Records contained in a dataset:
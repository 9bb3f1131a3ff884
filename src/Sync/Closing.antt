-- ===== src/Sync/Closing.antt =====
-- mcp_sync_server/registry/control.rs: a session or a service ends.
use astesia.Base.{Bool, true, false, not, ◌&&◌, ◌==◌, none, List, [], ◌∷◌, keep, if◌then◌else◌}
use astesia.Base.Table.{nat_key, Table}
use astesia.Sync.{
  Uuid, SessionKey, session_key_key, ownership_key_key, OwnershipKey, RegistryEntry, McpSyncContext,
  McpSyncResponse,
}
use astesia.Sync.Tombstones
use astesia.Sync.Tombstones.{BoundedTombstones, contains}
use astesia.Sync.Registry.{
  OperationKey, operation_key_key, RegistryState, Reply, saturating_succ, success, failure, answer,
  remove_each_control, command_ids, remove_controls_for_session,
}

-- The entries of the keys that pass a test, removed, and whether there was one.
unfoldable pub remove_owners :
    {R : Type 0}
    → (OwnershipKey → Bool)
    → Table OwnershipKey (RegistryEntry R)
    → Table OwnershipKey (RegistryEntry R) × Bool
remove_owners ends [] = ([], false)
remove_owners ends ((key, entry) ∷ m) =
    let (rest, found) = remove_owners ends m in
    if ends key then (rest, true) else ((key, entry) ∷ rest, found)

-- `HashMap::retain` on the keys.
unfoldable pub retain_operations :
    (OperationKey → Bool) → Table OperationKey McpSyncResponse → Table OperationKey McpSyncResponse
retain_operations kept [] = []
retain_operations kept ((key, response) ∷ m) =
    let rest = retain_operations kept m in if kept key then (key, response) ∷ rest else rest

abbrev pub is_of_session : SessionKey → OwnershipKey → Bool
is_of_session session key = (key.service_id == session.0) && (key.session_id == session.1)

module _ {R : Type 0} where
  unfoldable pub close_session : McpSyncContext → RegistryState R → Reply R
  unfolding remove_owners remove_controls_for_session success failure
  close_session context s =
      let session : SessionKey = (context.service_id, context.session_id) in
      let (entries, found) = remove_owners (is_of_session session) s.entries in
      let (t, completed) = remove_controls_for_session session (record s {
        closed_sessions = Tombstones.insert session s.closed_sessions;
        entries = entries;
      }) in
      if contains context.service_id s.closed_services.entries
      then answer (failure "MCP synchronization service is closed") s
      else record {
        state = if found then record t { revision = saturating_succ t.revision } else t;
        response = success none none;
        emit = found;
        resolved = completed;
      }

  -- The state, whether it emits, and the commands whose waiters it wakes.
  unfoldable pub reset_service : Uuid → RegistryState R → RegistryState R × Bool × List Uuid
  unfolding remove_owners command_ids remove_each_control retain_operations keep
  reset_service service_id s =
      let (entries, found) = remove_owners (λ key. key.service_id == service_id) s.entries in
      let ids = command_ids (λ queued. queued.owner.service_id == service_id) s.controls in
      let t = remove_each_control ids (record s {
        closed_services = Tombstones.insert service_id s.closed_services;
        entries = entries;
      }) in
      let u : RegistryState R = record t {
        completed_operations =
            retain_operations (λ key. not (key.service_id == service_id)) t.completed_operations;
        operation_order = keep (λ key. not (key.service_id == service_id)) t.operation_order;
        closed_sessions =
            Tombstones.retain (λ session. not (session.0 == service_id)) t.closed_sessions;
      } in
      (if found then record u { revision = saturating_succ u.revision } else u, found, ids)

WHAT THE TASK ASKS
All lines above from the one with "-- ===== src/Sync/Closing.antt" to the one with "(OperationKey → Bool)", inclusive, should be copied exactly, and no other lines.

WRITTEN SOLUTION
-- ===== src/Sync/Closing.antt =====
-- mcp_sync_server/registry/control.rs: a session or a service ends.
use astesia.Base.{Bool, true, false, not, ◌&&◌, ◌==◌, none, List, [], ◌∷◌, keep, if◌then◌else◌}
use astesia.Base.Table.{nat_key, Table}
use astesia.Sync.{
  Uuid, SessionKey, session_key_key, ownership_key_key, OwnershipKey, RegistryEntry, McpSyncContext,
  McpSyncResponse,
}
use astesia.Sync.Tombstones
use astesia.Sync.Tombstones.{BoundedTombstones, contains}
use astesia.Sync.Registry.{
  OperationKey, operation_key_key, RegistryState, Reply, saturating_succ, success, failure, answer,
  remove_each_control, command_ids, remove_controls_for_session,
}

-- The entries of the keys that pass a test, removed, and whether there was one.
unfoldable pub remove_owners :
    {R : Type 0}
    → (OwnershipKey → Bool)
    → Table OwnershipKey (RegistryEntry R)
    → Table OwnershipKey (RegistryEntry R) × Bool
remove_owners ends [] = ([], false)
remove_owners ends ((key, entry) ∷ m) =
    let (rest, found) = remove_owners ends m in
    if ends key then (rest, true) else ((key, entry) ∷ rest, found)

-- `HashMap::retain` on the keys.
unfoldable pub retain_operations :
    (OperationKey → Bool) → Table OperationKey McpSyncResponse → Table OperationKey McpSyncResponse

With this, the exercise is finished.